Obrigações PT Finance. Conselhos para o investidor

Fotografia: Nacho Doce/Reuters
Fotografia: Nacho Doce/Reuters

Mais de 19 mil investidores subscreveram a emissão de 400 milhões de euros em obrigações feita pela PT Finance, hoje na Oi

A 26 de julho a Oi não vai realizar o reembolso de mais de 231 milhões de euros aos pequenos subscritores que em 2012 subscreveram uma emissão de 400 milhões da PT Finance.

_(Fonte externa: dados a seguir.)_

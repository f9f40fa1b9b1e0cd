-- ===== src/KafkaConsumer/Offsets.antt =====
-- src/consumer/kafka_consumer.cpp, start: what happens to each message, and which offsets are committed.
use ml_distributed_fraud_eng.Common.{
  ℕ, ◌≡◌, refl, subst, Bool, true, false, List, [], ◌∷◌, ◌++◌, Option, none, some, arith, inl, inr,
  ◌⊎◌, if◌then◌else◌,
}
use ml_distributed_fraud_eng.Messages.{Transaction}
use ml_distributed_fraud_eng.KafkaConsumer.{
  Message, Action, Turn, Ended, goes_on, threw, Exit, thrown, KafkaConsumer, body_of, next_turn,
  body, loop, start, stop, poll, handle, commit, destroy,
}

-- Where the life of a message stands.
pub data Phase : Type 0 where
  idle out : Phase
  holds committed : Message → Phase
  handled : Message → Bool → Phase  -- with whether the handler returned

module _ (parse : List ℕ → Option Transaction) where
  -- One action. Only a message that parses is handled; it is committed if the handler returned, and then
  -- destroyed; if the handler threw, it is destroyed uncommitted and is the last one. The next poll comes
  -- after the message is destroyed.
  pub data Life : Phase → Action → Phase → Type 0 where
    nothing : Life idle (poll none) idle
    message : (m : Message) → Life idle (poll (some m)) (holds m)
    malformed : (m : Message) → parse m.payload ≡ none → Life (holds m) (destroy m.offset) idle
    handles :
        (m : Message) (tx : Transaction) (ok : Bool)
        → parse m.payload ≡ some tx
        → Life (holds m) (handle tx ok) (handled m ok)
    commits : (m : Message) → Life (handled m true) (commit m.offset) (committed m)
    done : (m : Message) → Life (committed m) (destroy m.offset) idle
    fails : (m : Message) → Life (handled m false) (destroy m.offset) out

  pub data Lives : Phase → List Action → Phase → Type 0 where
    none_left : {p : Phase} → Lives p [] p
    step :
        {p q r : Phase} {a : Action} {rest : List Action}
        → Life p a q
        → Lives q rest r
        → Lives p (a ∷ rest) r

  abbrev pub phase_of : Exit → Phase
  phase_of thrown = out
  phase_of _ = idle

  join :
      {p q r : Phase} {acts bs : List Action}
      → Lives p acts q
      → Lives q bs r
      → Lives p (acts ++ bs) r
  join none_left l = l
  join (step s l) k = step s (join l k)

  phase_after : Ended → Phase
  phase_after threw = out
  phase_after goes_on = idle

  message-Lives :
      (m : Message) (ok : Bool) (parsed : Option Transaction)
      → parse m.payload ≡ parsed
      → Lives idle (body_of parse m ok parsed).0 (phase_after (body_of parse m ok parsed).1)
  unfolding body_of phase_after
  message-Lives m ok none e = step (message m) (step (malformed m e) none_left)
  message-Lives m true (some tx) e =
      step (message m) (step (handles m tx true e) (step (commits m) (step (done m) none_left)))
  message-Lives m false (some tx) e =
      step (message m) (step (handles m tx false e) (step (fails m) none_left))

  body-Lives :
      (m : Option Message) (ok : Bool)
      → Lives idle (body parse m ok).0 (phase_after (body parse m ok).1)
  unfolding body phase_after
  body-Lives none ok = step nothing none_left
  body-Lives (some m) ok = message-Lives m ok (parse m.payload) refl

  next_turn-Lives :
      (acts : List Action) (e : Ended) (later : List Action) (exit : Exit) (c c' : KafkaConsumer)
      → Lives idle acts (phase_after e)
      → Lives idle later (phase_of exit)
      → Lives idle
          (next_turn parse acts e (later, exit, c') c).0
          (phase_of (next_turn parse acts e (later, exit, c') c).1)
  unfolding next_turn phase_after
  next_turn-Lives acts threw later exit c c' l k = l
  next_turn-Lives acts goes_on later exit c c' l k = join l k

  abbrev Fine : List Action × Exit × KafkaConsumer → Type 0
  Fine q = Lives idle q.0 (phase_of q.1)

  if-Fine :
      (b : Bool) (p q : List Action × Exit × KafkaConsumer)
      → Fine p
      → Fine q
      → Fine (if b then p else q)
  if-Fine true p q f g = f
  if-Fine false p q f g = g

  loop-Lives :
      (c : KafkaConsumer) (ts : List Turn)
      → Lives idle (loop parse c ts).0 (phase_of (loop parse c ts).1)
  unfolding loop
  loop-Lives c [] = none_left
  loop-Lives c (t ∷ ts) =
      let c' = if t.stop_called then stop c else c in
      let rest = loop parse c' ts in
      let (acts, ended) = body parse t.polled t.handler_returns in
      if-Fine c'.running _ _
        (next_turn-Lives acts ended rest.0 rest.1 c' rest.2 (body-Lives t.polled t.handler_returns)
          (loop-Lives c' ts))
        none_left

  -- Whatever is polled and whenever `stop` is called, the actions of `start` follow the life of one
  -- message after another: each message is destroyed exactly once, before the next poll; it is handled
  -- exactly if it parses; it is committed exactly if the handler returned, after that; and nothing
  -- follows a handler that threw.
  pub start-Lives :
      (c : KafkaConsumer) (ts : List Turn)
      → Lives idle (start parse c ts).0 (phase_of (start parse c ts).1)
  unfolding start
  start-Lives c ts = loop-Lives (record { running = true }) ts

  has_commit : List Action → Bool
  has_commit [] = false
  has_commit (commit o ∷ rest) = true
  has_commit (poll m ∷ rest) = has_commit rest
  has_commit (handle tx ok ∷ rest) = has_commit rest
  has_commit (destroy o ∷ rest) = has_commit rest

  has_commit-append :
      (before : List Action) (o : ℕ) (after : List Action)
      → has_commit (before ++ commit o ∷ after) ≡ true
  unfolding has_commit
  has_commit-append [] o after = refl
  has_commit-append (commit p ∷ before) o after = refl
  has_commit-append (poll m ∷ before) o after = has_commit-append before o after
  has_commit-append (handle tx ok ∷ before) o after = has_commit-append before o after
  has_commit-append (destroy p ∷ before) o after = has_commit-append before o after

  -- A message that is malformed, or whose handler was called, returned, and was followed by the commit of
  -- its offset, first of all that followed.
  abbrev pub Covered : Message → List Action → Type 0
  Covered m rest =
      (parse m.payload ≡ none)
      ⊎ ((tx : Transaction) × (later : List Action) × (parse m.payload ≡ some tx)
          × (rest ≡ handle tx true ∷ commit m.offset ∷ later))

  holds-Covered :
      {m : Message} {rest : List Action} {r : Phase}
      → Lives (holds m) rest r
      → has_commit rest ≡ true
      → Covered m rest
  unfolding has_commit
  holds-Covered none_left h = absurd (ground arith)
  holds-Covered (step (malformed _ e) l) h = inl e
  holds-Covered (step (handles _ tx _ e) none_left) h = absurd (ground arith)
  holds-Covered (step (handles _ tx _ e) (step (commits _) l)) h = inr (tx, _, e, refl)
  holds-Covered (step (handles _ tx _ e) (step (fails _) none_left)) h = absurd (ground arith)
  holds-Covered (step (handles _ tx _ e) (step (fails _) (step life l))) h = elim life [ ]

  polled-Covered :
      {p r : Phase} (before : List Action) (m : Message) (rest : List Action)
      → Lives p (before ++ poll (some m) ∷ rest) r
      → has_commit rest ≡ true
      → Covered m rest
  polled-Covered [] m rest (step (message _) l) h = holds-Covered l h
  polled-Covered (a ∷ before) m rest (step s l) h = polled-Covered before m rest l h

  -- At least once: when an offset is committed, every message that was polled before it either does not
  -- parse, or it was handled next, its handler returned, and its own offset was committed after that.
  pub commit-Covered :
      (c : KafkaConsumer) (ts : List Turn) (before : List Action) (m : Message)
      (between : List Action) (o : ℕ) (after : List Action)
      → (start parse c ts).0 ≡ before ++ poll (some m) ∷ (between ++ commit o ∷ after)
      → Covered m (between ++ commit o ∷ after)
  commit-Covered c ts before m between o after e =
      polled-Covered before m (between ++ commit o ∷ after)
        (subst (λ acts. Lives idle acts (phase_of (start parse c ts).1)) e (start-Lives c ts))
        (has_commit-append between o after)
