-- ===== src/KafkaConsumer/Restart.antt =====
-- src/consumer/kafka_consumer.cpp, start: a partition that is consumed in several runs. As librdkafka
-- documents, a poll returns the partition's messages in order, each run begins behind the last message
-- that was committed, and a commit that is waited for has taken effect. A run may be cut off after any of
-- its actions.
pub mod Handled
use mathlib.Core.List.{Sublistᴰ, append_assoc}
use mathlib.Core.Path.{subst}
use ml_distributed_fraud_eng.Common.{
  take, length, length-append, ℕ, suc, ◌+◌, ◌≤◌, arith, ◌≡◌, refl, sym, ap, ◌∙◌, Bool, true, false,
  List, [], ◌∷◌, ◌++◌, Option, none, some, if◌then◌else◌,
}
use ml_distributed_fraud_eng.Messages.{Transaction}
use ml_distributed_fraud_eng.KafkaConsumer.{
  Message, Turn, KafkaConsumer, stop, Action, poll, handle, commit, destroy, Exit, body, body_of,
  next_turn, loop, start,
}

-- What comes with one turn: whether a poll finds the next message, whether the handler returns, and
-- whether `stop` was called.
pub record Event : Type 0 where
  pub arrives : Bool
  pub handler_returns : Bool
  pub stop_called : Bool

abbrev pub next_message : Bool → List Message → Option Message
next_message true (m ∷ ms) = some m
next_message _ _ = none

abbrev pub after_poll : Bool → List Message → List Message
after_poll true (m ∷ ms) = ms
after_poll _ ms = ms

-- The turns of a run from a place in the partition on.
unfoldable pub turns_from : List Message → List Event → List Turn
turns_from ms [] = []
turns_from ms (e ∷ es) =
    record {
      polled = next_message e.arrives ms;
      handler_returns = e.handler_returns;
      stop_called = e.stop_called;
    }
    ∷ turns_from (after_poll e.arrives ms) es

-- The messages that are left behind the last commit, with the place of the polls: the loop commits the
-- message that it polled last.
unfoldable pub saved_after : List Message → List Message → List Action → List Message
saved_after place saved [] = saved
saved_after (m ∷ ms) saved (poll (some _) ∷ rest) = saved_after ms saved rest
saved_after [] saved (poll (some _) ∷ rest) = saved_after [] saved rest
saved_after place saved (poll none ∷ rest) = saved_after place saved rest
saved_after place saved (commit o ∷ rest) = saved_after place place rest
saved_after place saved (handle tx ok ∷ rest) = saved_after place saved rest
saved_after place saved (destroy o ∷ rest) = saved_after place saved rest

unfoldable pub handled : List Action → List Transaction
handled [] = []
handled (handle tx ok ∷ rest) = tx ∷ handled rest
handled (poll m ∷ rest) = handled rest
handled (commit o ∷ rest) = handled rest
handled (destroy o ∷ rest) = handled rest

abbrev pub or_skip : Option Transaction → List Transaction → List Transaction
or_skip none txs = txs
or_skip (some tx) txs = tx ∷ txs

module _ (parse : List ℕ → Option Transaction) where
  -- The transactions of some messages; those that do not parse are skipped.
  unfoldable pub parses : List Message → List Transaction
  parses [] = []
  parses (m ∷ ms) = or_skip (parse m.payload) (parses ms)

  -- One run, from the messages behind the last commit, that is cut off after so many actions.
  abbrev pub run_from : KafkaConsumer → List Message → ℕ × List Event → List Action
  run_from c place (cut, es) = take cut (start parse c (turns_from place es)).0

  -- Several runs in a row, each with its own turns and its own end: the transactions that the handler was
  -- called with, and the messages that are left behind the last commit.
  unfoldable pub consume :
      KafkaConsumer → List Message → List (ℕ × List Event) → List Transaction × List Message
  unfolding handled saved_after
  consume c place [] = ([], place)
  consume c place (run ∷ runs) =
      let rest = consume c (saved_after place place (run_from c place run)) runs in
      (handled (run_from c place run) ++ rest.0, rest.1)

  -- The messages before the final place, their transactions among those that were handled, in order, and
  -- at most so many besides.
  abbrev pub AllHandled : List Message → ℕ → List Transaction × List Message → Type 0
  AllHandled place again p =
      (done : List Message) × (place ≡ done ++ p.1)
      × Sublistᴰ (parses done) p.0
      × (length p.0 ≤ length (parses done) + again)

O pedido de recuperação judicial da Oi, operadora onde a Pharol tem 25,2%, ditou este desfecho. Saiba alguns cuidados a ter nesta fase.
Não vender já no imediato
Depois do incumprimento no próximo dia 26 que alternativas restam aos obrigacionistas? André Gouveia, economista da Proteste da Deco, aconselha prudência. “Para já é esperar. Neste momento, a CMVM tem suspensa a negociação dos títulos da PT Finance, portanto não pode vender em bolsa. E vai ter dificuldade em encontrar um comprador fora de bolsa.” Vender, mesmo depois de levantada a suspensão, poderá acarretar grandes perdas. O mais prudente é esperar pelo desenrolar da recuperação judicial da operadora no Brasil e por detalhes da oferta da Oi.

Esperar pela recuperação
O pedido de recuperação judicial já foi aceite pelo Tribunal do Rio de Janeiro que aguarda que a Oi apresente o plano de reestruturação da dívida que quer negociar com os credores. “Mas uma empresa que reestrutura a sua dívida não dá zero aos credores”, salienta André Gouveia, da Proteste/Deco. O poder de negociação dos grandes fundos, alguns acionistas da Oi, pode funcionar a favor dos pequenos investidores, destaca António Macedo Vitorino, da Macedo Vitorino & Associados.

Avançar com ações?
Avançar sozinho com uma ação não é aconselhável. “Os pequenos investidores têm um problema extra: quando é que há expectativa de recuperar algo do que investiu e que custos isso irá acarretar”, comenta André Gouveia. Uma ação coletiva com outros obrigacionistas permitirá diluir os custos, mas mais uma vez é uma questão do pequeno investidor analisar o valor que investiu e as custas que poderão ser associadas à sua recuperação. André Gouveia destaca que 5500 investidores subscreveram entre 0 e 5 obrigações e 12 600 entre 5 a 50. Ou seja, montantes de investimento que oscilam entre 5 e 50 mil euros.

E para o futuro?
Cuidados redobrados. “Maioria das pessoas não lê a bula dos medicamentos, mas ela está lá. As pessoas não leem os prospetos onde estão os riscos, mas eles estão lá”, realça Filipe Garcia, economista da IMF. “Tal como as pessoas não se automedicamentam, e quando têm um problema vão a um especialista, no caso de aplicações de aforro têm de fazer o mesmo”, diz. “Devem consultar um intermediário financeiro qualificado e procurar aconselhamento. Mesmo com todos os cuidados pode correr mal, mas não corre por má informação.”

Comentários
Outras Notícias que lhe podem interessar
Hoje
Lisboa Fotografia: Rodrigo Cabrita / Global Imagens

Medidas do Banco de Portugal para travar riscos no imobiliário são “adequadas”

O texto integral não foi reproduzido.